- Assigned task:
The full listing below is to be written out exactly.

□ □ □ □ □

-- ===== src/Memory/Retention/Room.antt =====
-- src/memory.rs: once its victims are removed, the store has room for the candidate.
use amalgam.Prelude.{
  ℕ, ◌-◌, ◌≤◌, ◌≡◌, refl, true, List, [], ◌∷◌, arith, all, Option-cases, inl, inr,
}
use amalgam.Prelude.Result.{ok, Result-cases}
use amalgam.Prelude.Assoc.{lookup, remove, lookup-remove}
use amalgam.Prelude.Maps.{distinct, total, distinct-remove, total-remove}
use amalgam.Prelude.Text.{Text, text_eq_iff, text_Eq}
use amalgam.Memory.{MemoryLimits, RetirementReason}
use amalgam.Memory.Eviction.{
  Stored, entry_weight, EvictionCandidate, ProjectedCapacity, old_weight, projection,
  projection_fits, take_victims,
}
use amalgam.Memory.Eviction.Victims.{unlisted, unique, backed}
use amalgam.Memory.Retention.{Retention, take, remove_keys}
use amalgam.Memory.Retention.Weights.{IsWeighed, take-IsWeighed, lookup-take}

abbrev minus : ProjectedCapacity → EvictionCandidate → ProjectedCapacity
minus p c = record { entries = p.entries - 1; weight = p.weight - c.weight }

module _ {ℓ} {V : Type ℓ} where
  abbrev pub projected : Retention V → Text → ℕ → ProjectedCapacity
  projected r key w = projection r.entries r.weight key w

  old_weight-le :
      (k : Text) (m : List (Text × Stored V))
      → distinct m ≡ true
      → old_weight (lookup k m) ≤ total entry_weight m
  old_weight-le k m d = elim (Option-cases (lookup k m)) [
    | inl e ↦ rw e (ground arith)
    | inr (s, e) ↦ let t = total-remove entry_weight k m s d e in rw e (ground arith)
  ]

  projected-take :
      (r : Retention V) (key : Text) (w : ℕ) (c : EvictionCandidate)
      → IsWeighed r
      → backed key r.entries c ≡ true
      → projected (take r c.key).0 key w ≡ minus (projected r key w) c
  unfolding take projection
  projected-take r key w c v b = elim (Option-cases (lookup c.key r.entries)) [
    | inl e ↦ ground arith
    | inr (s, e) ↦
        let t = total-remove entry_weight c.key r.entries s v.keyed e in
        let d = distinct-remove c.key r.entries v.keyed in
        let o = old_weight-le key (remove c.key r.entries) d in
        let x = v.weighed in rw e (ground (arith, lookup-remove c.key key r.entries))
  ]

  backed-take :
      (r : Retention V) (key k : Text) (cs : List EvictionCandidate)
      → unlisted k cs ≡ true
      → all (backed key r.entries) cs ≡ true
      → all (backed key (take r k).0.entries) cs ≡ true
  backed-take r key k [] u b = refl
  backed-take r key k (c ∷ cs) u b = ground (
    arith,
    backed-take r key k cs,
    lookup-take r k c.key,
    text_eq_iff k c.key,
    text_eq_iff c.key k,
  )

  pub take_victims-fits :
      (reason : Stored V → RetirementReason) (limits : MemoryLimits) (r : Retention V) (key : Text)
      (w : ℕ) (cs : List EvictionCandidate) (ks : List Text)
      → IsWeighed r
      → all (backed key r.entries) cs ≡ true
      → unique cs ≡ true
      → take_victims limits (projected r key w) cs ≡ ok ks
      → projection_fits (projected (remove_keys reason ks r).0 key w) limits ≡ true
  unfolding take_victims remove_keys
  take_victims-fits reason limits r key w [] ks v b u e = ground arith
  take_victims-fits reason limits r key w (c ∷ cs) ks v b u e =
      let left = (take r c.key).0 in
      let p = projected-take r key w c v (ground (arith, b)) in
      let next = take_victims limits (minus (projected r key w) c) cs in
      elim (Result-cases next) [
        | inl (js, q) ↦
            let ih =
              take_victims-fits reason limits left key w cs js (take-IsWeighed r c.key v)
                (backed-take r key c.key cs (ground (arith, u)) (ground (arith, b)))
                (ground (arith, u)) (rw p q) in
            ground arith
        | inr (why, q) ↦ ground arith
      ]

□ □ □ □ □

- Written reply:
-- ===== src/Memory/Retention/Room.antt =====
-- src/memory.rs: once its victims are removed, the store has room for the candidate.
use amalgam.Prelude.{
  ℕ, ◌-◌, ◌≤◌, ◌≡◌, refl, true, List, [], ◌∷◌, arith, all, Option-cases, inl, inr,
}
use amalgam.Prelude.Result.{ok, Result-cases}
use amalgam.Prelude.Assoc.{lookup, remove, lookup-remove}
use amalgam.Prelude.Maps.{distinct, total, distinct-remove, total-remove}
use amalgam.Prelude.Text.{Text, text_eq_iff, text_Eq}
use amalgam.Memory.{MemoryLimits, RetirementReason}
use amalgam.Memory.Eviction.{
  Stored, entry_weight, EvictionCandidate, ProjectedCapacity, old_weight, projection,
  projection_fits, take_victims,
}
use amalgam.Memory.Eviction.Victims.{unlisted, unique, backed}
use amalgam.Memory.Retention.{Retention, take, remove_keys}
use amalgam.Memory.Retention.Weights.{IsWeighed, take-IsWeighed, lookup-take}

abbrev minus : ProjectedCapacity → EvictionCandidate → ProjectedCapacity
minus p c = record { entries = p.entries - 1; weight = p.weight - c.weight }

module _ {ℓ} {V : Type ℓ} where
  abbrev pub projected : Retention V → Text → ℕ → ProjectedCapacity
  projected r key w = projection r.entries r.weight key w

  old_weight-le :
      (k : Text) (m : List (Text × Stored V))
      → distinct m ≡ true
      → old_weight (lookup k m) ≤ total entry_weight m
  old_weight-le k m d = elim (Option-cases (lookup k m)) [
    | inl e ↦ rw e (ground arith)
    | inr (s, e) ↦ let t = total-remove entry_weight k m s d e in rw e (ground arith)
  ]

  projected-take :
      (r : Retention V) (key : Text) (w : ℕ) (c : EvictionCandidate)
      → IsWeighed r
      → backed key r.entries c ≡ true
      → projected (take r c.key).0 key w ≡ minus (projected r key w) c
  unfolding take projection
  projected-take r key w c v b = elim (Option-cases (lookup c.key r.entries)) [
    | inl e ↦ ground arith
    | inr (s, e) ↦
        let t = total-remove entry_weight c.key r.entries s v.keyed e in
        let d = distinct-remove c.key r.entries v.keyed in
        let o = old_weight-le key (remove c.key r.entries) d in
        let x = v.weighed in rw e (ground (arith, lookup-remove c.key key r.entries))
  ]

  backed-take :
      (r : Retention V) (key k : Text) (cs : List EvictionCandidate)
      → unlisted k cs ≡ true
      → all (backed key r.entries) cs ≡ true
      → all (backed key (take r k).0.entries) cs ≡ true
  backed-take r key k [] u b = refl
  backed-take r key k (c ∷ cs) u b = ground (
    arith,
    backed-take r key k cs,
    lookup-take r k c.key,
    text_eq_iff k c.key,
    text_eq_iff c.key k,
  )

  pub take_victims-fits :
      (reason : Stored V → RetirementReason) (limits : MemoryLimits) (r : Retention V) (key : Text)
      (w : ℕ) (cs : List EvictionCandidate) (ks : List Text)
      → IsWeighed r
      → all (backed key r.entries) cs ≡ true
      → unique cs ≡ true
      → take_victims limits (projected r key w) cs ≡ ok ks
      → projection_fits (projected (remove_keys reason ks r).0 key w) limits ≡ true
  unfolding take_victims remove_keys
  take_victims-fits reason limits r key w [] ks v b u e = ground arith
  take_victims-fits reason limits r key w (c ∷ cs) ks v b u e =
      let left = (take r c.key).0 in
      let p = projected-take r key w c v (ground (arith, b)) in
      let next = take_victims limits (minus (projected r key w) c) cs in
      elim (Result-cases next) [
        | inl (js, q) ↦
            let ih =
              take_victims-fits reason limits left key w cs js (take-IsWeighed r c.key v)
                (backed-take r key c.key cs (ground (arith, u)) (ground (arith, b)))
                (ground (arith, u)) (rw p q) in
            ground arith
        | inr (why, q) ↦ ground arith
      ]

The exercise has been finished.